Mother was effective. She sat with her grandchildren and, by candlelight, read them a story. Until the shouts came very close to our home, my nephew and niece did not know what was going on. We do not want them to be aware of the oppression leveled against us. Like the Jewish character in the recent movie, "Life is Beautiful," we try to shield our children from the realities of hate.
As, the shooting and shouting came closer to our house, the streetlights went out. We then sat on the floor in the dark for about four hours. Some of the British I had met during my rotation in London had told me about their air raids during WWII and how afraid they had been. Now, I could apply their stories to my own situation.
Finally, we heard one of our Christian neighbors calling out "Help," he yelled, "the settlers are in the mosque with their fire." Then, he began to chant our Islamic prayer, "Allahu Akbar," God is great. That our neighbor and friend had gone out on his roof gave us courage and we, like everyone in our crowded neighborhood, went to our door. Our friend's chant resounded and people up and down the road began to croon with him, "Allahu Akbar." As our chanting rose into the night, the settlers began shooting in our direction, leaving the mosque behind. Some of the boys threw stones into the night, but most of us went back inside when we thought our place of prayer was safe.
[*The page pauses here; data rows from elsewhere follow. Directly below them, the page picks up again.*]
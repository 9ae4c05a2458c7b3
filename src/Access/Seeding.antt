-- ===== src/Access/Seeding.antt =====
-- `bootstrap_allow_list` of src/ccreport/auth/allowlist.py: the seeded part of the access list is
-- brought in line with the settings. The two lists of upns are settings, already normalised there.
pub mod Laws
use ccreport.Prelude.{
  ℕ, ◌+◌, Bool, true, false, not, ◌&&◌, ◌||◌, Option, none, some, List, [], ◌∷◌, ◌++◌,
  if◌then◌else◌, ltb, ◌==◌, keep, length,
}
use ccreport.Prelude.Texts.{Text, codes, text_eq, Text-discrete, contains}
use ccreport.OrderedDict.{lookup, assign}
use ccreport.OrderedDict.Doomed.{delete_all, doomed_keys}
use ccreport.Access.{Role, faculty, admin, role_eq, Grant, Db}

abbrev pub Allowed : Type 0
Allowed = List (Text × Grant)

-- the order of Python's `str`
unfoldable pub text_lt : Text → Text → Bool
text_lt s [] = false
text_lt [] (d ∷ t) = true
text_lt (c ∷ s) (d ∷ t) = ltb c d || ((c == d) && text_lt s t)

-- a text put into a sorted list, unless it is there
unfoldable pub sorted_insert : Text → List Text → List Text
sorted_insert x [] = x ∷ []
sorted_insert x (y ∷ ys) =
    let rest = sorted_insert x ys in
    if text_eq x y then y ∷ ys else (if text_lt x y then x ∷ y ∷ ys else y ∷ rest)

-- `sorted(set(xs))`
unfoldable pub sorted_set : List Text → List Text
sorted_set [] = []
sorted_set (x ∷ xs) = sorted_insert x (sorted_set xs)

unfoldable pub seed_role : List Text → Text → Role
seed_role admins upn = if contains upn admins then admin else faculty

abbrev pub new_seed : Role → Grant
new_seed role = record {
  role = role;
  added_by = some (codes "settings");
  note = some (codes "seeded from CCREPORT_ALLOWED_PRINCIPALS");
  seeded = true;
}

-- one turn of the first loop: the table, and the number of changes
unfoldable pub seed_one : List Text → Text → Allowed × ℕ → Allowed × ℕ
seed_one admins upn (allowed, changed) = elim (lookup Text-discrete upn allowed) [
  | none ↦ (assign Text-discrete upn (new_seed (seed_role admins upn)) allowed, changed + 1)
  | some existing ↦
      if existing.seeded && not (role_eq existing.role (seed_role admins upn))
      then (
        assign Text-discrete upn (record existing { role = seed_role admins upn }) allowed,
        changed + 1,
      )
      else (allowed, changed)
]

-- `for upn in sorted(seed_faculty)`
unfoldable pub seed_all : List Text → List Text → Allowed × ℕ → Allowed × ℕ
seed_all admins [] acc = acc
seed_all admins (upn ∷ upns) acc = seed_all admins upns (seed_one admins upn acc)

abbrev pub is_stale : List Text → Text × Grant → Bool
is_stale seeds (upn, grant) = grant.seeded && not (contains upn seeds)

-- the second loop: the seeded rows whose upn is no seed are deleted
unfoldable pub remove_stale : List Text → Allowed × ℕ → Allowed × ℕ
remove_stale seeds (allowed, changed) =
    let doomed = doomed_keys (is_stale seeds) allowed in
    (delete_all Text-discrete doomed allowed, changed + length doomed)

unfoldable pub bootstrap_allow_list : Db → List Text → List Text → ℕ × Db
bootstrap_allow_list db faculty_list admins =
    let seeds = sorted_set (faculty_list ++ admins) in
    let (allowed, changed) = remove_stale seeds (seed_all admins seeds (db.allowed, 0)) in
    (changed, record db { allowed = allowed })
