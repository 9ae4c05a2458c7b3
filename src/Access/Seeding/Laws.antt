-- ===== src/Access/Seeding/Laws.antt =====
-- What reconciling does to every grant, and that doing it again changes nothing
-- (src/ccreport/auth/allowlist.py, `bootstrap_allow_list`).
use mathlib.Core.Logic.{ite}
use ccreport.Prelude.{
  ℕ, ◌≡◌, ◌∙◌, sym, refl, ap, Bool, true, false, not, ◌&&◌, ◌||◌, inl, inr, Option, none, some,
  List, [], ◌∷◌, ◌++◌, arith, if◌then◌else◌, Bool-cases, Option-cases,
}
use ccreport.Prelude.Texts.{Text, text_eq, text_eq_iff, Text-discrete, contains}
use ccreport.OrderedDict.{lookup, IsDict, lookup-assign, assign-IsDict}
use ccreport.OrderedDict.Doomed.{
  delete_all, doomed_keys, delete_all-doomed_keys, passing, lookup-keep, keep-IsDict,
  doomed_keys_none,
}
use ccreport.Access.{Role, faculty, admin, other, role_eq, Grant, Db}
use ccreport.Access.Seeding.{
  Allowed, sorted_insert, sorted_set, seed_role, new_seed, seed_one, seed_all, is_stale,
  remove_stale, bootstrap_allow_list,
}

role_eq_refl : (r : Role) → role_eq r r ≡ true
unfolding role_eq
role_eq_refl faculty = refl
role_eq_refl admin = refl
role_eq_refl (other s) = (text_eq_iff s s).1 refl

contains-sorted_insert :
    (u x : Text) (ys : List Text) → contains u (sorted_insert x ys) ≡ (text_eq u x || contains u ys)
unfolding sorted_insert
contains-sorted_insert u x [] = refl
contains-sorted_insert u x (y ∷ ys) =
    ground (arith, contains-sorted_insert u x ys, text_eq_iff x y, text_eq_iff u x, text_eq_iff u y)

pub contains-sorted_set : (u : Text) (xs : List Text) → contains u (sorted_set xs) ≡ contains u xs
unfolding sorted_set
contains-sorted_set u [] = refl
contains-sorted_set u (x ∷ xs) =
    rw (contains-sorted_insert u x (sorted_set xs), contains-sorted_set u xs)

contains-append :
    (u : Text) (xs ys : List Text) → contains u (xs ++ ys) ≡ (contains u xs || contains u ys)
contains-append u [] ys = refl
contains-append u (x ∷ xs) ys = ground (arith, contains-append u xs ys)

-- What a seed makes of the grant that is there: none is added, a seeded one takes the role of the
-- settings, and one made by hand stays.
abbrev pub seeded_grant : Role → Option Grant → Option Grant
seeded_grant role none = some (new_seed role)
seeded_grant role (some grant) =
    if grant.seeded then some (record grant { role = role }) else some grant

-- The grant of every upn after reconciling, from the one before.
abbrev pub reconciled : Bool → Role → Option Grant → Option Grant
reconciled true role old = seeded_grant role old
reconciled false role none = none
reconciled false role (some grant) = if grant.seeded then none else some grant

role_eq→eq : (r s : Role) → role_eq r s ≡ true → r ≡ s
unfolding role_eq
role_eq→eq faculty faculty h = refl
role_eq→eq admin admin h = refl
role_eq→eq (other s) (other t) h = ap other ((text_eq_iff s t).0 h)
role_eq→eq faculty admin h = cc
role_eq→eq faculty (other t) h = cc
role_eq→eq admin faculty h = cc
role_eq→eq admin (other t) h = cc
role_eq→eq (other s) faculty h = cc
role_eq→eq (other s) admin h = cc

module _ (admins : List Text) where
  lookup-seed_one :
      (upn u : Text) (d : Allowed) (n : ℕ)
      → lookup Text-discrete u (seed_one admins upn (d, n)).0
        ≡ ite
            (Text-discrete upn u)
            (seeded_grant (seed_role admins upn) (lookup Text-discrete upn d))
            (lookup Text-discrete u d)
  unfolding seed_one
  lookup-seed_one upn u d n = elim (Option-cases (lookup Text-discrete upn d)) [
    | inl e ↦
        rw (e, seed_one) (lookup-assign Text-discrete upn u (new_seed (seed_role admins upn)) d)
    | inr (g, e) ↦
        let new : Grant = record g { role = seed_role admins upn } in
        ground
          (arith, lookup-assign Text-discrete upn u new d, role_eq→eq g.role (seed_role admins upn))
  ]

  -- After the first loop: the seeds among `upns` are seeded, and no other grant has changed.
  lookup-seed_all :
      (upns : List Text) (u : Text) (d : Allowed) (n : ℕ)
      → lookup Text-discrete u (seed_all admins upns (d, n)).0 ≡ (
          if contains u upns
          then seeded_grant (seed_role admins u) (lookup Text-discrete u d)
          else lookup Text-discrete u d)
  unfolding seed_all
  lookup-seed_all [] u d n = refl
  lookup-seed_all (upn ∷ upns) u d n =
      let (d', n') = seed_one admins upn (d, n) in
      ground (arith, lookup-seed_all upns u d' n', lookup-seed_one upn u d n, text_eq_iff u upn)

  seed_one-IsDict :
      (upn : Text) (d : Allowed) (n : ℕ)
      → IsDict Text-discrete d
      → IsDict Text-discrete (seed_one admins upn (d, n)).0
  unfolding seed_one
  seed_one-IsDict upn d n h = elim (Option-cases (lookup Text-discrete upn d)) [
    | inl e ↦
        rw (e, seed_one) (assign-IsDict Text-discrete upn (new_seed (seed_role admins upn)) d h)
    | inr (g, e) ↦
        let new : Grant = record g { role = seed_role admins upn } in
        let both = assign-IsDict Text-discrete upn new d h in
        elim (Bool-cases (g.seeded && not (role_eq g.role (seed_role admins upn)))) [
          | inl t ↦ rw (e, seed_one, t) both
          | inr f ↦ rw (e, seed_one, f) h
        ]
  ]

  seed_all-IsDict :
      (upns : List Text) (d : Allowed) (n : ℕ)
      → IsDict Text-discrete d
      → IsDict Text-discrete (seed_all admins upns (d, n)).0
  unfolding seed_all
  seed_all-IsDict [] d n h = h
  seed_all-IsDict (upn ∷ upns) d n h =
      let (d', n') = seed_one admins upn (d, n) in
      seed_all-IsDict upns d' n' (seed_one-IsDict upn d n h)

passing-seeded_grant :
    (seeds : List Text) (u : Text) (b : Bool) (role : Role) (old : Option Grant)
    → contains u seeds ≡ b
    → passing Text-discrete
        (λ e. not (is_stale seeds e))
        u
        (if b then seeded_grant role old else old)
      ≡ reconciled b role old
passing-seeded_grant seeds u true role none e = ground arith
passing-seeded_grant seeds u true role (some g) e = ground arith
passing-seeded_grant seeds u false role none e = refl
passing-seeded_grant seeds u false role (some g) e = ground arith

-- After reconciling, the grant of every upn is known from the settings and the grant before: a
-- seed has one, with the role of the settings if it is seeded; a seeded grant of anybody else is
-- gone; a grant made by hand is as it was. Users and the audit log are left alone.
pub lookup-bootstrap :
    (db : Db) (allowed admins : List Text) (u : Text)
    → IsDict Text-discrete db.allowed
    → (let after = (bootstrap_allow_list db allowed admins).1 in
        (lookup Text-discrete u after.allowed
          ≡ reconciled
              (contains u allowed || contains u admins)
              (seed_role admins u)
              (lookup Text-discrete u db.allowed))
        × IsDict Text-discrete after.allowed
        × (after.users ≡ db.users)
        × (after.log ≡ db.log))
unfolding bootstrap_allow_list remove_stale
lookup-bootstrap db allowed admins u h =
    let seeds = sorted_set (allowed ++ admins) in
    let (d, n) = seed_all admins seeds (db.allowed, 0) in
    let hd = seed_all-IsDict admins seeds db.allowed 0 h in
    let is_seed = contains-sorted_set u (allowed ++ admins) ∙ contains-append u allowed admins in
    let gone = delete_all-doomed_keys Text-discrete (is_stale seeds) d hd in
    let kept = lookup-keep Text-discrete (λ e. not (is_stale seeds e)) u d hd in
    let mid = lookup-seed_all admins seeds u db.allowed 0 in
    let role = seed_role admins u in
    let old = lookup Text-discrete u db.allowed in
    (
      rw (gone, kept, mid, is_seed)
          (passing-seeded_grant seeds u (contains u allowed || contains u admins) role old is_seed),
      rw gone (keep-IsDict Text-discrete (λ e. not (is_stale seeds e)) d hd),
      refl,
      refl,
    )

seeded_grant-reconciled :
    (b : Bool) (role : Role) (old : Option Grant)
    → b ≡ true
    → seeded_grant role (reconciled b role old) ≡ reconciled b role old
seeded_grant-reconciled b role none h = ground arith
seeded_grant-reconciled b role (some g) h = ground arith

seed_one_same :
    (admins : List Text) (upn : Text) (d : Allowed) (n : ℕ)
    → seeded_grant (seed_role admins upn) (lookup Text-discrete upn d) ≡ lookup Text-discrete upn d
    → seed_one admins upn (d, n) ≡ (d, n)
unfolding seed_one
seed_one_same admins upn d n h = elim (Option-cases (lookup Text-discrete upn d)) [
  | inl e ↦ absurd (ground arith)
  | inr (g, e) ↦ ground (arith, role_eq_refl (seed_role admins upn))
]

seed_all_same :
    (admins upns : List Text) (d : Allowed)
    → ((u : Text)
        → contains u upns ≡ true
        → seeded_grant (seed_role admins u) (lookup Text-discrete u d) ≡ lookup Text-discrete u d)
    → seed_all admins upns (d, 0) ≡ (d, 0)
unfolding seed_all
seed_all_same admins [] d h = refl
seed_all_same admins (upn ∷ upns) d h =
    rw (seed_one_same admins upn d 0 (h upn (ground (arith, text_eq_iff upn upn))))
      (seed_all_same admins upns d (λ u there. h u (ground arith)))

reconciled_stays :
    (seeds : List Text) (u : Text) (b : Bool) (role : Role) (old : Option Grant) {g : Grant}
    → contains u seeds ≡ b
    → reconciled b role old ≡ some g
    → is_stale seeds (u, g) ≡ false
reconciled_stays seeds u true role old e h = ground arith
reconciled_stays seeds u false role none e h = cc
reconciled_stays seeds u false role (some old) e h = ground arith

bootstrap_same :
    (db : Db) (allowed admins : List Text)
    → seed_all admins (sorted_set (allowed ++ admins)) (db.allowed, 0) ≡ (db.allowed, 0)
    → doomed_keys (is_stale (sorted_set (allowed ++ admins))) db.allowed ≡ []
    → bootstrap_allow_list db allowed admins ≡ (0, db)
unfolding bootstrap_allow_list remove_stale delete_all
bootstrap_same db allowed admins same none_stale = rw (same, none_stale) refl

-- Reconciling once more with the same settings changes nothing and counts no change.
pub bootstrap_twice :
    (db : Db) (allowed admins : List Text)
    → IsDict Text-discrete db.allowed
    → (let after = (bootstrap_allow_list db allowed admins).1 in
        bootstrap_allow_list after allowed admins ≡ (0, after))
bootstrap_twice db allowed admins h =
    let after = (bootstrap_allow_list db allowed admins).1 in
    let seeds = sorted_set (allowed ++ admins) in
    let look = λ (u : Text). lookup-bootstrap db allowed admins u h in
    let is_seed =
      λ (u : Text). contains-sorted_set u (allowed ++ admins) ∙ contains-append u allowed admins in
    let valid = (lookup-bootstrap db allowed admins [] h).1 in
    let same = seed_all_same admins seeds after.allowed (λ u there. rw (look u).0 (
      seeded_grant-reconciled (contains u allowed || contains u admins) (seed_role admins u)
        (lookup Text-discrete u db.allowed) (sym (is_seed u) ∙ there))) in
    let none_stale =
      doomed_keys_none Text-discrete (is_stale seeds) after.allowed valid (λ u g found.
        reconciled_stays seeds u (contains u allowed || contains u admins) (seed_role admins u)
          (lookup Text-discrete u db.allowed) (is_seed u) (sym (look u).0 ∙ found)) in
    bootstrap_same after allowed admins same none_stale
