-- ===== src/Access/Tests.antt =====
-- Runs of the access list on small inputs, and each theorem at a concrete input.
use native.Mathlib.Decide.{ℕ_discrete}
use ccreport.Prelude.{◌≡◌, ◌↔◌, refl, List, [], ◌∷◌, true, false, ◌||◌, some, none}
use ccreport.Prelude.Texts.{
  Text, codes, strip, lstrip, rstrip, push_unless_blank, is_space, lower, lower_code, normalised,
  ends_with, Text-discrete, contains,
}
use ccreport.Errors.{ok, err, domain_denied, insufficient_role}
use ccreport.OrderedDict.{lookup, assign, delete, IsDict}
use ccreport.OrderedDict.Doomed.{delete_all, doomed_keys}
use ccreport.Audit.{audit, recorded_actor}
use ccreport.Access.{
  faculty, admin, role_eq, known_role, Grant, User, Db, Principal, domain_allowed, lookup_grant,
  has_role, shown_name, signed_in, touched, lacks_role, admit, authorize, new_note, granted,
  cache_role, grant_access, revoke_access,
}
use ccreport.Access.Gates.{meets, written, authorize-ok_iff}
use ccreport.Access.Grants.{IsValid}
use ccreport.Access.Seeding.{
  text_lt, sorted_insert, sorted_set, seed_role, seed_one, seed_all, remove_stale,
  bootstrap_allow_list,
}
use ccreport.Access.Seeding.Laws.{reconciled, lookup-bootstrap}

program : Unit {0}
unfolding strip lstrip rstrip push_unless_blank is_space lower lower_code ends_with Text-discrete
    ℕ_discrete lookup assign delete delete_all doomed_keys audit recorded_actor role_eq known_role
    domain_allowed lookup_grant has_role shown_name signed_in touched lacks_role admit authorize
    new_note granted cache_role grant_access revoke_access text_lt sorted_insert sorted_set
    seed_role seed_one seed_all remove_stale bootstrap_allow_list
program = tt

abbrev ada : Text
ada = codes "ada@princeton.edu"

abbrev domain : Text
domain = codes "princeton.edu"

abbrev by_hand : Grant
by_hand = record { role = faculty; added_by = none; note = none; seeded = false }

abbrev db : Db
db = record {
  allowed = (ada, by_hand) ∷ (codes "old@princeton.edu", record by_hand { seeded = true }) ∷ [];
  users = [];
  log = [];
}

abbrev no_db : Db
no_db = record { allowed = []; users = []; log = [] }

-- The header may spell the upn with capitals and spaces.
abbrev principal : Principal
principal = record { upn = codes " Ada@Princeton.EDU "; display_name = some (codes "Ada") }

abbrev stranger : Principal
stranger = record { upn = codes "eve@example.edu"; display_name = none }

abbrev ada_user : User
ada_user = record {
  id = 7;
  upn = ada;
  display_name = some (codes "Ada");
  role = faculty;
  last_seen_at = some 100;
}

ada_signs_in : (authorize domain db principal (some faculty) true 7 100).0 ≡ ok ada_user
unfolding program
ada_signs_in = refl

stranger_denied : (authorize domain db stranger none true 7 100).0 ≡ err domain_denied
unfolding program
stranger_denied = refl

ada_is_no_admin : (authorize domain db principal (some admin) true 7 100).0 ≡ err insufficient_role
unfolding program
ada_is_no_admin = refl

db-IsValid : IsValid db
unfolding program
db-IsValid = record { one_grant = (refl, (refl, tt)); one_user = tt }

ada_inside : domain_allowed (normalised ada) domain ≡ true
unfolding program
ada_inside = refl

authorize-ok_iff_example :
    ((authorize domain db principal (some faculty) true 7 100).0 ≡ ok ada_user) ↔ (
      (domain_allowed (normalised principal.upn) domain ≡ true)
      × ((grant : Grant) × (lookup_grant db (normalised principal.upn) ≡ some grant)
          × (meets grant.role (some faculty) ≡ true)
          × (ada_user ≡ written domain db principal (some faculty) true 7 100 grant)
          × (ada_user.role ≡ grant.role)))
authorize-ok_iff_example = authorize-ok_iff domain db principal (some faculty) true 7 100 ada_user

abbrev ada_admin : Grant
ada_admin = record by_hand { role = admin }

abbrev promoted : Db
promoted = record {
  allowed = (ada, ada_admin) ∷ (codes "old@princeton.edu", record by_hand { seeded = true }) ∷ [];
  users = [];
  log = audit none "allowlist.grant" (ccreport.Audit.Subject.principal ada) [];
}

promotes : grant_access db ada admin none none ≡ ok (ada_admin, promoted)
unfolding program
promotes = refl

abbrev seeds : List Text
seeds = codes "bob@princeton.edu" ∷ ada ∷ []

-- Ada's grant was made by hand and stays; the old seed goes and Bob's comes.
reconciles : (bootstrap_allow_list db seeds (ada ∷ [])).0 ≡ 2
unfolding program
reconciles = refl

lookup-bootstrap_example :
    (let after = (bootstrap_allow_list db seeds (ada ∷ [])).1 in
      (lookup Text-discrete ada after.allowed
        ≡ reconciled
            (contains ada seeds || contains ada (ada ∷ []))
            (seed_role (ada ∷ []) ada)
            (lookup Text-discrete ada db.allowed))
      × IsDict Text-discrete after.allowed
      × (after.users ≡ db.users)
      × (after.log ≡ db.log))
lookup-bootstrap_example = lookup-bootstrap db seeds (ada ∷ []) ada db-IsValid.one_grant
About two a.m., the shooting and shouting stopped as suddenly as it started. Had our chanting and stone throwing frightened the settlers or was it finally their bedtime? Did they imagine that it was 1948 and that we Palestinians would flee in horror as many of our people did then? Were they Holocaust survivors or is the Nazi still well and alive in them?
We went to the streets to make sure no one was hurt. A call from the mosque's loudspeaker reassured us that this attack was over. We went to bed wondering when such outrage would occur again. Such is peace among God's people in the Holy Land.
(Samah Jabr is a freelance journalist and ,medical student living in Jerusalem. She is a regular contributor to iviews.com).